A Nice Jewish Girl

Lee Lady

 

For a while, several years ago while I was living in San Francisco, there was a bar on Broadway called the Wild Horse (or something like that), where various bands played Country and Western music. I used to go in mostly because I was attracted to the bartender, a big blonde with a vague ressemblance to Diane Ferrari, the owner of the Lost and Found Saloon on Grant Avenue.

One night I was sitting in the Wild Horse, and Specs came in with a well known woman cabaret singer. For convenience, I'll call her Tiffany. They sat there listening to the band and having a good time, and eventually the bandleader came over to Tiffany and asked her if she'd like to sing a number.

This will be very interesting, I thought, to hear this woman sing Country and Western. Her own specialty was mostly the standard show tune repetroire.

Tiffany said that there was only one C/W number she knew, and the band obligingly played it. But it turned out that she didn't know even that one song very well.
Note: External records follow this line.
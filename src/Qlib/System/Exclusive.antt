-- ===== src/Qlib/System/Exclusive.antt =====
-- Each node has one link at a time, in the whole system.
use mnm.Prelude.{
  ℕ, ◌≡◌, ◌∙◌, ap, sym, subst, inl, inr, ◌⊎◌, refl, true, Bool-cases, Option, none, some, ◌==◌,
  if◌then◌else◌, arith,
}
use mnm.Qlib.Quit.{Quit}
use mnm.Qlib.Stream.{Stream}
use mnm.Qlib.Server.{Server, Link, State, Env, new_link}
use mnm.Qlib.Nodes.{queue_in}
use mnm.Qlib.Nodes.Exclusive.{IsTaken}
use mnm.Qlib.Nodes.Growing.{set_queue-Grows}
use mnm.Qlib.Handle.Dispatch.{handle_msg}
use mnm.Qlib.Link.{end_link}
use mnm.Qlib.System.{
  System, put, after, ending, Reached, boots, connects, receives, handles, ends, runs,
}
use mnm.Qlib.System.Ended.{end_link-Taken}
use mnm.Qlib.System.Owned.{Owned, handle_msg-Owned}

-- A link with a queue has its node's, and no other link has that node.
pub record Exclusive (s : System) : Type 0 where
  pub taken : (i : ℕ) (l : Link) → s.links i ≡ some l → l.queue ≡ true → IsTaken l.node s.server
  pub apart :
      (i j : ℕ) (l k : Link)
      → s.links i ≡ some l
      → s.links j ≡ some k
      → l.queue ≡ true
      → k.queue ≡ true
      → l.node ≡ k.node
      → i ≡ j

-- Which link the system has after a step of the link `i`.
put-cases :
    (i j : ℕ) (v : Option Link) (links : ℕ → Option Link) (k : Link)
    → put i v links j ≡ some k
    → ((j ≡ i) × (v ≡ some k)) ⊎ ((j ≡ i → ⊥) × (links j ≡ some k))
put-cases i j v links k e = elim (Bool-cases (j == i)) [
  | inl c ↦ inl (ground (arith, c), subst (λ b. (if b then v else links j) ≡ some k) c e)
  | inr c ↦
      inr ((λ same. ground (arith, c, same)), subst (λ b. (if b then v else links j) ≡ some k) c e)
]

-- A step of one link keeps the invariant if the nodes of the others stay taken, and if its own node,
-- where it has a queue, is taken, and no other's.
module _ (s : System) (i : ℕ) (v : Option Link) (t : Server) (p : Exclusive s)
    (others : (j : ℕ) (k : Link)
      → (j ≡ i → ⊥)
      → s.links j ≡ some k
      → k.queue ≡ true
      → IsTaken k.node t)
    (own : (l : Link) → v ≡ some l → l.queue ≡ true → IsTaken l.node t)
    (alone : (l : Link)
      → v ≡ some l
      → l.queue ≡ true
      → (j : ℕ) (k : Link) → s.links j ≡ some k
      → k.queue ≡ true
      → k.node ≡ l.node
      → j ≡ i) where
  after-Exclusive : Exclusive (after s i v t)
  after-Exclusive = record {
    taken = λ j k e on. elim (put-cases i j v s.links k e) [
      | inl (_, f) ↦ own k f on
      | inr (other, f) ↦ others j k other f on
    ];
    apart = λ j j' k k' e e' on on' same. elim (put-cases i j v s.links k e) [
      | inl (c, f) ↦ elim (put-cases i j' v s.links k' e') [
        | inl (c', f') ↦ c ∙ sym c'
        | inr (other', f') ↦ c ∙ sym (alone k f on j' k' f' on' (sym same))
      ]
      | inr (other, f) ↦ elim (put-cases i j' v s.links k' e') [
        | inl (c', f') ↦ alone k' f' on' j k f on same ∙ sym c'
        | inr (other', f') ↦ p.apart j j' k k' f f' on on' same
      ]
    ];
  }

some_inj : (l k : Link) → some l ≡ some k → l ≡ k
some_inj l k e = ap (λ o. elim o [ none ↦ l | some x ↦ x ]) e

-- The steps of links.
module _ (env : Env) (s : System) (p : Exclusive s) (i : ℕ) where
  connected-Exclusive : (r : Stream) → Exclusive (after s i (some (new_link r)) s.server)
  connected-Exclusive r =
      after-Exclusive s i (some (new_link r)) s.server p (λ j k _ e on. p.taken j k e on)
        (λ l e on. absurd (offline l e on)) (λ l e on. absurd (offline l e on))
    where
      offline : (l : Link) → some (new_link r) ≡ some l → l.queue ≡ true → ⊥
      offline l e on =
          let off : (new_link r).queue ≡ l.queue = ap (λ x. x.queue) (some_inj (new_link r) l e) in
          ground (arith, off, on)

  module _ (l : Link) (there : s.links i ≡ some l) where
    handled-Exclusive :
        (l' : Link) (t : Server) → Owned l s.server l' t → Exclusive (after s i (some l') t)
    handled-Exclusive l' t o =
        after-Exclusive s i (some l') t p (λ j k _ e on. o.grows k.node (p.taken j k e on))
          (λ k e. subst Own (some_inj l' k e) (λ on. (o.owned on).0))
          (λ k e. subst Alone (some_inj l' k e) alone)
      where
        Own : Link → Type 0
        Own k = k.queue ≡ true → IsTaken k.node t

        Alone : Link → Type 0
        Alone k =
            k.queue ≡ true
            → (j : ℕ) (k' : Link) → s.links j ≡ some k'
            → k'.queue ≡ true
            → k'.node ≡ k.node
            → j ≡ i

        alone : Alone l'
        alone on j k f on' same = elim (o.owned on).1 [
          | inl (was, node) ↦ p.apart j i k l f there on' was (same ∙ sym node)
          | inr fresh ↦ absurd (fresh (subst (λ n. IsTaken n s.server) same (p.taken j k f on')))
        ]

    received-Exclusive :
        (r : Stream) → Exclusive (after s i (some (record l { stream = r })) s.server)
    received-Exclusive r =
        handled-Exclusive (record l { stream = r }) s.server
          (record { grows = λ n k. k; owned = λ e. (p.taken i l there e, inl (e, refl)) })

    ended-Exclusive : (q : Quit) → Exclusive (ending env s i l q)
    ended-Exclusive q =
        let t = (end_link env q (record { link = l; server = s.server })).1.server in
        after-Exclusive s i none t p
          (λ j k other e on.
            end_link-Taken env k.node q (record { link = l; server = s.server })
              (λ has same. other (p.apart j i k l e there on has (sym same))) (p.taken j k e on))
          (λ k e. absurd (ground (arith, e))) (λ k e. absurd (ground (arith, e)))

-- In every state that the system reaches, a link with a queue has its node's, and two links with
-- queues have different nodes.
pub Reached-Exclusive : (env : Env) (s : System) → Reached env s → Exclusive s
Reached-Exclusive env _ (boots t) = record {
  taken = λ i l e. absurd (ground (arith, e));
  apart = λ i j l k e. absurd (ground (arith, e));
}
Reached-Exclusive env _ (connects s i r free d) =
    connected-Exclusive env s (Reached-Exclusive env s d) i r
Reached-Exclusive env _ (receives s i l r there d) =
    received-Exclusive env s (Reached-Exclusive env s d) i l there r
Reached-Exclusive env _ (handles s i l space h bytes there d) =
    let p = Reached-Exclusive env s d in
    let before : State = record { link = l; server = s.server } in
    let t = (handle_msg env space h bytes before).1 in
    handled-Exclusive env s p i l there t.link t.server
      (handle_msg-Owned env space h bytes before (p.taken i l there))
Reached-Exclusive env _ (ends s i l q there d) =
    ended-Exclusive env s (Reached-Exclusive env s d) i l there q
Reached-Exclusive env _ (runs s n q q' st there same d) =
    let p = Reached-Exclusive env s d in
    record {
      taken = λ i l e on.
          set_queue-Grows n q q' s.server (rw (there, queue_in) refl) (λ h. same ∙ h) l.node
            (p.taken i l e on);
      apart = p.apart;
    }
Besides constantly losing track of the lyrics, she was just generally doing a terrible job, a little worse than amateurish.

It was an interesting experience, though. At the time, I figured that I was probably the only person in San Francisco would had ever heard this singer try to sing Country and Western.

 

About a month or so later, I heard Tiffany do one of her regular gigs at the Fairmont Hotel. As usual, she was superb. My memory of having heard her completely butcher a Country-Western song added a dash of spice to my appreciation of her now. I put $2 in the tip jar, but she didn't especially notice me. Not that I in any way expected her to.

Old Age and Treachery
Will Win Out Every Time
Over Youth and Skill.
I left and went on to a couple other bars, eventually spending much of the evening at Specs. When I left Specs I stopped in a nearby North Beach jazz club where there was a band playing. And after a while, I noticed that Tiffany was now in this club, just sitting at the bar and having a drink.

Then the guy with the big bucket of roses came in. So I bought a rose and asked him to give it to Tiffany.

I had expected her to just accept the rose and smile in my direction, but instead she came over and started making a little conversation. I told her that I'd been at the Fairmont earlier and of course had much enjoyed her performance.

"And so have you just been spending the rest of the evening going to clubs and listening to music?" she asked.

"No, I only went to that one place to hear you. I've spent most of the evening at Specs."

"Ah, Specs," she said. "That scumbag!"

I was considerably taken aback by this comment, and seeing this, she explained, "Oh, Specs and I have been the best of friends for a long time. That's his favorite word, `scumbag.' He uses it for everyone."

"Oh, I didn't know," I said. "I saw you with Specs several weeks ago, incidentally. You came into the Wild Horse Saloon and sang a Country-Western song. You were terrible!"

This time she was the one taken aback. "I was terrible?"

"Well, but after all," I said, "it was Country and Western, what could anyone expect?"

"But I used to be a Country-Western singer," she said. "Anyway that night I was very drunk. And no one but you will ever know." (This is not the main reason I'm carefully not revealing her identity, but it's one more.)

After about fifteen minutes, Tiffany went back to her seat at the bar, leaving me very impressed with what a completely nice person she was. She was, I thought, exactly the embodiment of my concept of the nice Jewish girl, althought I don't think that she is actually Jewish. In any case, she was exactly the sort of woman that one's mother would approve of.


Sometime later, I mentioned all this to my friend Brenda.

"Oh yes," Brenda said. "She and I used to know each other fairly well, because we went to the same building to shoot up heroin. But since we've both gone straight, she's not as friendly towards me as she used to be. She smiles when she sees me on the street, but she doesn't talk to me any more."